* **Problem requirements**:
Copy the listing below line for line, starting at its first line and ending with the line that has "from (omega arith) (omega arith))" in it. Add nothing.

* **Data shown**:
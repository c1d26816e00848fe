-- ===== src/Clock/Face.antt =====
-- That the clock never indexes its tables outside, whatever the time.
use pico_ocaml.Prelude.{
  ℕ, zero, suc, ◌+◌, ◌*◌, ◌/◌, ◌%◌, ◌≤◌, ◌<◌, ◌≡◌, refl, Bool, Option, none, some, List, [], length,
  get_elem?, get_elem?-some, arith,
}
use pico_ocaml.Lcd.{Lcd, Calls, move_to}
use pico_ocaml.Clock.{
  bitmaps, digits, ◌⨟◌, for_from, load_custom_chars, segment, display_digit, display_colon,
  display_round,
}

-- A run that is not ended by an index.
abbrev pub Ends : Option Calls → Type 0
Ends o = (cs : Calls) × (o ≡ some cs)

⨟-Ends : (a b : Option Calls) → Ends a → Ends b → Ends (a ⨟ b)
⨟-Ends none b (cs, e) f = cc
⨟-Ends (some cs) none e (ds, f) = cc
⨟-Ends (some cs) (some ds) e f = (_, refl)

for_from-Ends :
    (from rounds : ℕ) (body : ℕ → Option Calls)
    → ((i : ℕ) → from ≤ i → i < from + rounds → Ends (body i))
    → Ends (for_from from rounds body)
unfolding for_from
for_from-Ends from zero body h = ([], refl)
for_from-Ends from (suc rounds) body h =
    ⨟-Ends (body from) (for_from (from + 1) rounds body) (h from (omega arith) (omega arith))
      (for_from-Ends (from + 1) rounds body (λ i lo hi. h i (omega arith) (omega arith)))

elem-Ends :
    (xs : List ℕ) (i : ℕ) (f : ℕ → Calls)
    → i < length xs
    → Ends (elim (get_elem? xs i) [ none ↦ none | some x ↦ some (f x) ])
elem-Ends xs i f h = let (x, e) = get_elem?-some xs i h in (f x, rw e refl)

length-digits : length digits ≡ 120
unfolding digits
length-digits = refl

length-bitmaps : length bitmaps ≡ 64
unfolding bitmaps
length-bitmaps = refl

display_digit-Ends : (lcd : Lcd) (col digit : ℕ) → digit < 10 → Ends (display_digit lcd col digit)
unfolding display_digit
display_digit-Ends lcd col digit h = for_from-Ends 0 4 _ λ row lo hi.
    ⨟-Ends (some (move_to lcd col row)) _ (_, refl)
      (for_from-Ends 0 3 _ (λ c lo' hi'.
        elem-Ends digits (digit * 12 + row * 3 + c) (segment lcd) (omega (arith, length-digits))))

display_colon-Ends : (lcd : Lcd) (col : ℕ) (visible : Bool) → Ends (display_colon lcd col visible)
unfolding display_colon
display_colon-Ends lcd col visible = for_from-Ends 0 4 _ (λ row lo hi. (_, refl))

-- At every second of the day, with the colon shown or not, a round of the display loop runs to
-- its end: the digits of the time and the table of their parts are never indexed outside. So does
-- the loading of the characters.
pub display_round-Ends :
    (lcd : Lcd) (colon : Bool) (day_secs : ℕ)
    → day_secs < 86400
    → Ends (display_round lcd colon day_secs) × Ends (load_custom_chars lcd)
unfolding display_round load_custom_chars
display_round-Ends lcd colon d h = (
  ⨟-Ends _ _
      (⨟-Ends _ _
        (⨟-Ends _ _
          (⨟-Ends _ _
            (⨟-Ends _ _ (display_digit-Ends lcd 2 (d / 3600 / 10) (omega arith))
              (display_digit-Ends lcd 6 (d / 3600 % 10) (omega arith)))
            (display_colon-Ends lcd 9 colon))
          (display_digit-Ends lcd 10 (d % 3600 / 60 / 10) (omega arith)))
        (display_digit-Ends lcd 14 (d % 3600 / 60 % 10) (omega arith)))
      (_, refl),
  ⨟-Ends _ _
      (for_from-Ends 0 8 _ (λ i lo hi.
        ⨟-Ends _ _ (_, refl)
          (for_from-Ends 0 8 _
            (λ j lo' hi'. elem-Ends bitmaps (i * 8 + j) _ (omega (arith, length-bitmaps))))))
      (_, refl),
)
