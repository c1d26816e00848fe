-- ===== src/Queue.antt =====
-- net_stubs.c, the event queue: a ring of NET_EVENT_QUEUE_SIZE slots between the lwIP callbacks,
-- which advance the head, and the OCaml side, which advances the tail; with the types of
-- net_stubs.h that it stores.
pub mod Inv
pub mod Fifo
pub mod Refine
pub mod Abstract
pub mod Spsc
mod Tests
use pico_ocaml.Prelude.{
  ℕ, ◌+◌, ◌-◌, ◌%◌, ◌^◌, Bool, not, Option, none, some, List, set, get_elem?, replicate, ◌==◌,
  if◌then◌else◌,
}
use pico_ocaml.Prelude.Int.{ℤ, pos, negsuc}

-- `net_event_type_t`
pub data EventType : Type 0 where
  event_none wifi_connected wifi_disconnected tcp_connected tcp_received tcp_sent : EventType
  tcp_closed tcp_error udp_received dns_resolved : EventType

-- The union `u` of `net_event_t`. No code sets `received.data`, which stays NULL.
pub data Payload : Type 0 where
  zeroed : Payload
  received : (len remote_ip remote_port : ℕ) → Payload
  sent : (len : ℕ) → Payload
  error : (error_code : ℤ) → Payload
  dns : (ip_addr : ℕ) → Payload

-- `net_event_t`
pub record Event : Type 0 where
  pub kind : EventType
  pub socket_id : ℤ
  pub u : Payload

-- NET_EVENT_QUEUE_SIZE. `x & NET_EVENT_QUEUE_MASK`, a mask of five ones, is `x % queue_size`.
abbrev pub queue_size : ℕ
queue_size = 32

abbrev pub mask : ℕ → ℕ
mask x = x % queue_size

-- `event_queue`, `event_queue_head` and `event_queue_tail`
pub record EventQueue : Type 0 where
  pub slots : List Event
  pub head : ℕ
  pub tail : ℕ

-- A static array is zero at the start.
abbrev pub zero_event : Event
zero_event = record { kind = EventType.event_none; socket_id = pos 0; u = Payload.zeroed }

abbrev pub empty_queue : EventQueue
empty_queue = record { slots = replicate queue_size zero_event; head = 0; tail = 0 }

-- `(head + 1) & NET_EVENT_QUEUE_MASK`, in uint32_t
abbrev pub next_index : ℕ → ℕ
next_index i = mask ((i + 1) % 2 ^ 32)

pub event_enqueue : Event → EventQueue → ℤ × EventQueue
event_enqueue event q =
    let next_head = next_index q.head in
    if next_head == q.tail
    then (negsuc 0, q)
    else (pos 0, record q { slots = set q.slots q.head event; head = next_head })

-- The option is what is written through `event`.
pub net_event_get : EventQueue → ℤ × Option Event × EventQueue
net_event_get q =
    if q.tail == q.head
    then (pos 0, none, q)
    else (pos 1, get_elem? q.slots q.tail, record q { tail = next_index q.tail })

-- The test of `ocaml_net_has_event`.
pub has_event : EventQueue → Bool
has_event q = not (q.head == q.tail)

* **Output for this task**:
repository c1d26816e00848fe
-- ===== src/Clock/Face.antt =====
-- That the clock never indexes its tables outside, whatever the time.
use pico_ocaml.Prelude.{
  ℕ, zero, suc, ◌+◌, ◌*◌, ◌/◌, ◌%◌, ◌≤◌, ◌<◌, ◌≡◌, refl, Bool, Option, none, some, List, [], length,
  get_elem?, get_elem?-some, arith,
}
use pico_ocaml.Lcd.{Lcd, Calls, move_to}
use pico_ocaml.Clock.{
  bitmaps, digits, ◌⨟◌, for_from, load_custom_chars, segment, display_digit, display_colon,
  display_round,
}

-- A run that is not ended by an index.
abbrev pub Ends : Option Calls → Type 0
Ends o = (cs : Calls) × (o ≡ some cs)

⨟-Ends : (a b : Option Calls) → Ends a → Ends b → Ends (a ⨟ b)
⨟-Ends none b (cs, e) f = cc
⨟-Ends (some cs) none e (ds, f) = cc
⨟-Ends (some cs) (some ds) e f = (_, refl)

for_from-Ends :
    (from rounds : ℕ) (body : ℕ → Option Calls)
    → ((i : ℕ) → from ≤ i → i < from + rounds → Ends (body i))
    → Ends (for_from from rounds body)
unfolding for_from
for_from-Ends from zero body h = ([], refl)
for_from-Ends from (suc rounds) body h =
    ⨟-Ends (body from) (for_from (from + 1) rounds body) (h from (omega arith) (omega arith))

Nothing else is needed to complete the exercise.